De leidinggevende heeft hierin een voortrekkersrol. Dat begint in de hoogste managementlaag. Als dat besluitvormende team niet functioneert, sijpelt dat door naar de hele organisatie. Je krijgt eilandjes, teams die niet goed samen kunnen werken. Als leidinggevende kun je de volgende dingen doen:

  • Continu uitdragen dat open communicatie en veiligheid nodig zijn om te blijven leren en presteren, als team, maar ook als individu.
  • Situationele bescheidenheid: in het gesprek of de vergadering, dus de feitelijke interactie, benoemen dat je niet de wijsheid in pacht hebt en daarom elkaar nodig hebt: elkaars mening, perspectief en identiteit. Je kunt ook een structuur inrichten waarin je regelmatig elkaars inbreng hoort.
  • Productief reageren: als mensen hun mening geven, waardeer dat en neem mensen serieus. Dat betekent dat je heel concreet terugkoppelt wat je met de inbreng hebt gedaan, ook als je er niets mee gedaan hebt, omdat je het er niet mee eens bent. Verder is het van groot belang dat je schendingen van deze drie dingen niet tolereert en dat je slecht functioneren in het team benoemt en aanpakt. Dit gebeurt vaak niet en daardoor neemt de onveiligheid toe.

Situationele bescheidenheid ziet Nijhuis steeds meer voorkomen in organisaties. Volgens haar hoort dat bij een trend waarin coachend leiderschap steeds gebruikelijker wordt. De andere twee punten ziet ze nog te weinig. Nijhuis: ‘Voor een deel ligt dat aan hiërarchie in een organisatie. De mensen onderaan de hiërarchie ervaren de emotionele impact daarvan, maar voor de managers en vooral voor bestuurders is die impact verdwenen. Ze zijn als het ware vergeten hoe hiërarchie werkt. Het is dus geen onwil, eerder een bijkomstigheid van een functie bovenaan de hiërarchie.’

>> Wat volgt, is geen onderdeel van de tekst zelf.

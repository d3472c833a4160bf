-- ===== src/Context/W3c/Tracestate.antt =====
-- What `sanitize_tracestate` lets through, and what it keeps of it.
use mathlib.Core.Path.{subst}
use mathlib.Core.List.{append-nil}
use wardex_sdk.Prelude.{
  ℕ, suc, ◌≤◌, ◌≡◌, ◌≢◌, ◌↔◌, ◌⊎◌, ◌∙◌, refl, sym, inl, inr, Bool, true, false, not, none, some,
  List, [], ◌∷◌, ◌++◌, length, take, take_short, length-take, all, All-take, arith, ltb, Bool-cases,
  if◌then◌else◌,
}
use wardex_sdk.Prelude.Text.{Text, strip, Lacks}
use wardex_sdk.Prelude.Split.{split, join-split, split-join, join-take, split-Lacks, split-ne-nil}
use wardex_sdk.Context.W3c.{
  sanitize_tracestate, cap_members, comma, is_printable, is_nonempty, max_tracestate_members,
}

abbrev pub members : Text → List Text
members = split comma

all-append : (p : ℕ → Bool) (s t : Text) → all p (s ++ t) ≡ true → all p s ≡ true
all-append p [] t h = refl
all-append p (c ∷ s) t h = ground (arith, all-append p s t)

cap_members-prefix : (s : Text) → (rest : Text) × (s ≡ cap_members s ++ rest)
unfolding cap_members
cap_members-prefix s = elim (Bool-cases (ltb max_tracestate_members (length (split comma s)))) [
  | inl long ↦
      let (rest, e) = join-take comma max_tracestate_members (split comma s) in
      (rest, rw long (sym (join-split comma s) ∙ e))
  | inr short ↦ ([], rw short (sym (append-nil s)))
]

take-ne-nil {ℓ} : {A : Type ℓ} (n : ℕ) (xs : List A) → xs ≢ [] → take (suc n) xs ≢ []
take-ne-nil n [] h = h
take-ne-nil n (x ∷ xs) h = λ e. cc

-- The cut keeps the first members as they were.
members-cap_members : (s : Text) → members (cap_members s) ≡ take max_tracestate_members (members s)
unfolding cap_members
members-cap_members s = elim (Bool-cases (ltb max_tracestate_members (length (split comma s)))) [
  | inl long ↦ rw long (
      split-join comma (take max_tracestate_members (split comma s))
        (take-ne-nil 31 (split comma s) (split-ne-nil comma s))
        (All-take (Lacks comma) max_tracestate_members (split comma s) (split-Lacks comma s)))
  | inr short ↦ rw short (sym (take_short max_tracestate_members (split comma s) (ground arith)))
]

-- What is let through of an inbound value.
pub record IsVetted (value result : Text) : Type 0 where
  pub printable : all is_printable result ≡ true
  pub bounded : length (members result) ≤ max_tracestate_members
  pub kept : members result ≡ take max_tracestate_members (members (strip value))
  pub rest : Text
  pub prefix : strip value ≡ result ++ rest

sanitize_vets :
    (value : Text)
    → all is_printable (strip value) ≡ true
    → IsVetted value (cap_members (strip value))
sanitize_vets value p =
    let (rest, e) = cap_members-prefix (strip value) in
    record {
      printable =
          all-append is_printable (cap_members (strip value)) rest
            (subst (λ t. all is_printable t ≡ true) e p);
      bounded =
          rw (members-cap_members (strip value))
            (omega (arith, length-take max_tracestate_members (members (strip value))));
      kept = members-cap_members (strip value);
      rest = rest;
      prefix = e;
    }

-- A value that `sanitize_tracestate` returns is printable ASCII throughout, holds at most 32 list
-- members, which are the first members of the stripped value unchanged, and is a prefix of it.
pub sanitize_tracestate-IsVetted :
    (value result : Text) → sanitize_tracestate (some value) ≡ some result → IsVetted value result
unfolding sanitize_tracestate
sanitize_tracestate-IsVetted value result h = elim (Bool-cases (is_nonempty (strip value))) [
  | inr none_left ↦ absurd (ground arith)
  | inl more ↦ elim (Bool-cases (all is_printable (strip value))) [
    | inr bad ↦ absurd (ground arith)
    | inl good ↦
        let e : cap_members (strip value) ≡ result = ground arith in
        subst (IsVetted value) e (sanitize_vets value good)
  ]
]

-- An inbound value is dropped exactly when it is absent, blank, or holds a character outside
-- printable ASCII once stripped.
pub sanitize_tracestate-none :
    (value : Text)
    → (sanitize_tracestate (some value) ≡ none)
      ↔ ((strip value ≡ []) ⊎ (all is_printable (strip value) ≡ false))
unfolding sanitize_tracestate
sanitize_tracestate-none value = go (strip value)
  where
    go :
        (s : Text)
        → ((if not (is_nonempty s)
              then none
              else if not (all is_printable s)
              then none
              else some (cap_members s))
            ≡ none)
          ↔ ((s ≡ []) ⊎ (all is_printable s ≡ false))
    go [] = (λ h. inl refl, λ h. refl)
    go (c ∷ s) = elim (Bool-cases (all is_printable (c ∷ s))) [
      | inl good ↦ (λ h. absurd (ground arith), λ h. ground arith)
      | inr bad ↦ (λ h. inr bad, λ h. rw bad)
    ]
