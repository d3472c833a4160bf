-- ===== src/Context/W3c/Tests.antt =====
-- The trace-context theorems at concrete headers.
use wardex_sdk.Prelude.{◌%◌, ◌≡◌, refl, false, none, some, [], ◌∷◌, arith}
use wardex_sdk.Prelude.Text.{codes, strip, is_space, rstrip_cons}
use wardex_sdk.Prelude.Split.{split}
use wardex_sdk.Types.{SpanContext, digit}
use wardex_sdk.Context.W3c.{parse_traceparent, format_traceparent, sanitize_tracestate, all_zero}
use wardex_sdk.Context.W3c.RoundTrip.{parse_traceparent-format_traceparent}
use wardex_sdk.Context.W3c.Tracestate.{IsVetted, sanitize_tracestate-IsVetted}

abbrev sampled : SpanContext
sampled = record {
  trace_id = record {
    value =
        10 ∷ 247 ∷ 101 ∷ 25 ∷ 22 ∷ 205 ∷ 67 ∷ 221 ∷ 132 ∷ 72 ∷ 235 ∷ 33 ∷ 28 ∷ 128 ∷ 49 ∷ 156 ∷ [];
  };
  span_id = record { value = 183 ∷ 173 ∷ 107 ∷ 113 ∷ 105 ∷ 32 ∷ 51 ∷ 49 ∷ [] };
  trace_flags = 257;
  is_remote = false;
}

sampled_header :
    format_traceparent sampled ≡ codes "00-0af7651916cd43dd8448eb211c80319c-b7ad6b7169203331-01"
unfolding format_traceparent digit
sampled_header = refl

-- A header of a later version with further fields is read by its known prefix; a hole is refused.
later_version :
    (parse_traceparent (codes " cc-0af7651916cd43dd8448eb211c80319c-b7ad6b7169203331-01-what \n")
      ≡ some (sampled.trace_id, sampled.span_id, 1))
    × (parse_traceparent (codes "cc-0af7651916cd43dd8448eb211c80319c-b7ad6b7169203331-01--x")
        ≡ none)
unfolding parse_traceparent is_space rstrip_cons split
later_version = (refl, refl)

parse_traceparent-format_traceparent_example :
    parse_traceparent (format_traceparent sampled)
    ≡ some (sampled.trace_id, sampled.span_id, 257 % 256)
unfolding all_zero
parse_traceparent-format_traceparent_example =
    parse_traceparent-format_traceparent sampled
      (record { size = refl; bytes = omega arith; nonzero = refl })
      (record { size = refl; bytes = omega arith; nonzero = refl })

sanitize_tracestate-IsVetted_example : IsVetted (codes " a=1,b=2 ") (codes "a=1,b=2")
unfolding sanitize_tracestate strip is_space split
sanitize_tracestate-IsVetted_example =
    sanitize_tracestate-IsVetted (codes " a=1,b=2 ") (codes "a=1,b=2") refl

Hoe verklaar jij de toegenomen aandacht vanuit de samenleving voor dit onderwerp?

‘Door de individualisering ten gevolge van het neoliberalisme ligt er veel nadruk op de vrijheid van het individu. Interpersoonlijke angst wordt minder geaccepteerd en verkeerde machtsverhoudingen die onveiligheid veroorzaken, worden beschimpt, denk bijvoorbeeld aan de Me Too-beweging. Je ziet ook toenemend ressentiment, gevoelens van wrok, in de samenleving. Het lukt maar heel moeilijk om mensen weer bij elkaar te krijgen, omdat de wil om bij te dragen aan een collectief ontbreekt.’ Nijhuis: ‘Dat is juist een van de bevindingen van mijn onderzoek, dat het individu én het collectief allebei belangrijk zijn in het realiseren van psychologische veiligheid, niet alleen het individu.’